# Will this Ford loader fit my 2600 tractor?



## ljimcross (Feb 28, 2015)

Hello Ford tractor folks. I need some help. I recently purchased a Ford 2600 tractor, and I'm trying to put a loader on it. I've found a Ford loader that I'm hoping might fit my 2600. The seller didn't remember what model of Ford tractor it came from but he thinks it was an industrial tractor. The numbers on the plate attached to the loader are 19-638 (or the 6 might be a 5) and the other number is CL-I0907. I was hoping that someone out there might be able to give me info on the loader or whether or not it will fit my tractor. I appreciate any help anyone can offer.
Jim


----------



## sixbales (May 18, 2011)

Howdy Jim,

According to the New Holland Online Parts Store, the numbers 19-638 represent a Ford 735 series loader. Manufactured from 1975-1980, so it is in the same era as your 2600 tractor. 

It will require modifications, as it was originally built for an industrial tractor. An industrial tractor has a heavier front axle (for loader work) and different front bolster, than your 2600.


----------



## ljimcross (Feb 28, 2015)

Hi Sixbales,
So you think it would basically fit on my tractor with the proper adjustments, though?
Jim


----------



## sixbales (May 18, 2011)

With a torch and a welding rig, you can make it fit. The 735 is a heavy duty loader to fit on a little 2600 ag tractor. Does your tractor have power steering? 

Another thing, the front engine mount pump that runs a 735 loader is rated at 21.5 gpm @ 2000 rpm. Does the pump come with the loader? I think that a 2600 hydraulic pump is rated at 8 gpm. So it'll be slow on internal hydraulics.


----------



## ljimcross (Feb 28, 2015)

yes, my 2600 has power steering. I think it also comes with the pump, but doesn't that pump have to somehow be run by the tractor (like the pto or something)?
Jim


----------



## sixbales (May 18, 2011)

The loader pump runs off the front of the engine. The pump mounts up front of the grille (down low), with a driveshaft that attaches to the crankshaft pulley.


----------



## ljimcross (Feb 28, 2015)

thanks for the info.
jim


----------



## peachhead (Jul 20, 2013)

I know there are probably plenty of them out there but I have always been told that it was not recommended to put a loader on the 2000/2600/3000/3600 series of tractor because the axles were not built to support that kind of load.
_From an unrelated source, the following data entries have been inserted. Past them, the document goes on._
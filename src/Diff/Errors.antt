-- ===== src/Diff/Errors.antt =====
-- Which errors `diff` of src/diff.rs returns, and when.
use fast_rsync.Base.{ℕ, Bool, false, leb}
use fast_rsync.Md4.{md4_size}
use fast_rsync.Signature.{SignatureType}
use fast_rsync.Signature.Index.{IndexedSignature, crc_eq}

abbrev supports : SignatureType → ℕ → Bool
supports SignatureType.md4 crypto_hash_size = leb crypto_hash_size md4_size
supports SignatureType.blake2 crypto_hash_size = false

-- The signatures that `diff` takes.
abbrev pub is_supported : IndexedSignature → Bool
is_supported sig = supports sig.signature_type sig.crypto_hash_size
Just my .02, feel free to correct me if I am wrong...


----------



## ljimcross (Feb 28, 2015)

Hi Peachhead,
Thanks for the response. You bring up a really good point that I have been thinking a lot about. I have been told that before, but then I have had other people tell me that since I'm not going to be putting heavy hours on the tractor (probably not more than 150 hours per year on my food plots) that it shouldn't be a problem. I don't want to make a decision I'm going to regret, but I definitely will have work to do that will need a loader. I'd love to hear more from you and from other people on this issue. For that amount of use, will I be wearing out my tractor any time soon? Also, is this a model of loader that once I get it set up it could to go off and on as I need it?
Jim


----------



## EdF (Sep 15, 2014)

You don't need a loader to make food plots. All you need is a tractor and a disc harrow. Disc the ground up. Sow your seed. Disc it again to cover the seed. QED.


----------



## harry16 (Dec 8, 2011)

See the attached parts diagrams. There are two configurations of Ford 735 loader frames. The first parts diagram includes the model 19-638. Note that the front mount is up high. The nose of some industrial tractors is cast iron or steel, so the loader can be mounted directly to the tractor nosepiece. But your 2600 has a sheet metal nosepiece. You will have to modify this type of frame to mount on your front bolster. If you can find one like the second parts diagram, it will be easier to modify for mounting.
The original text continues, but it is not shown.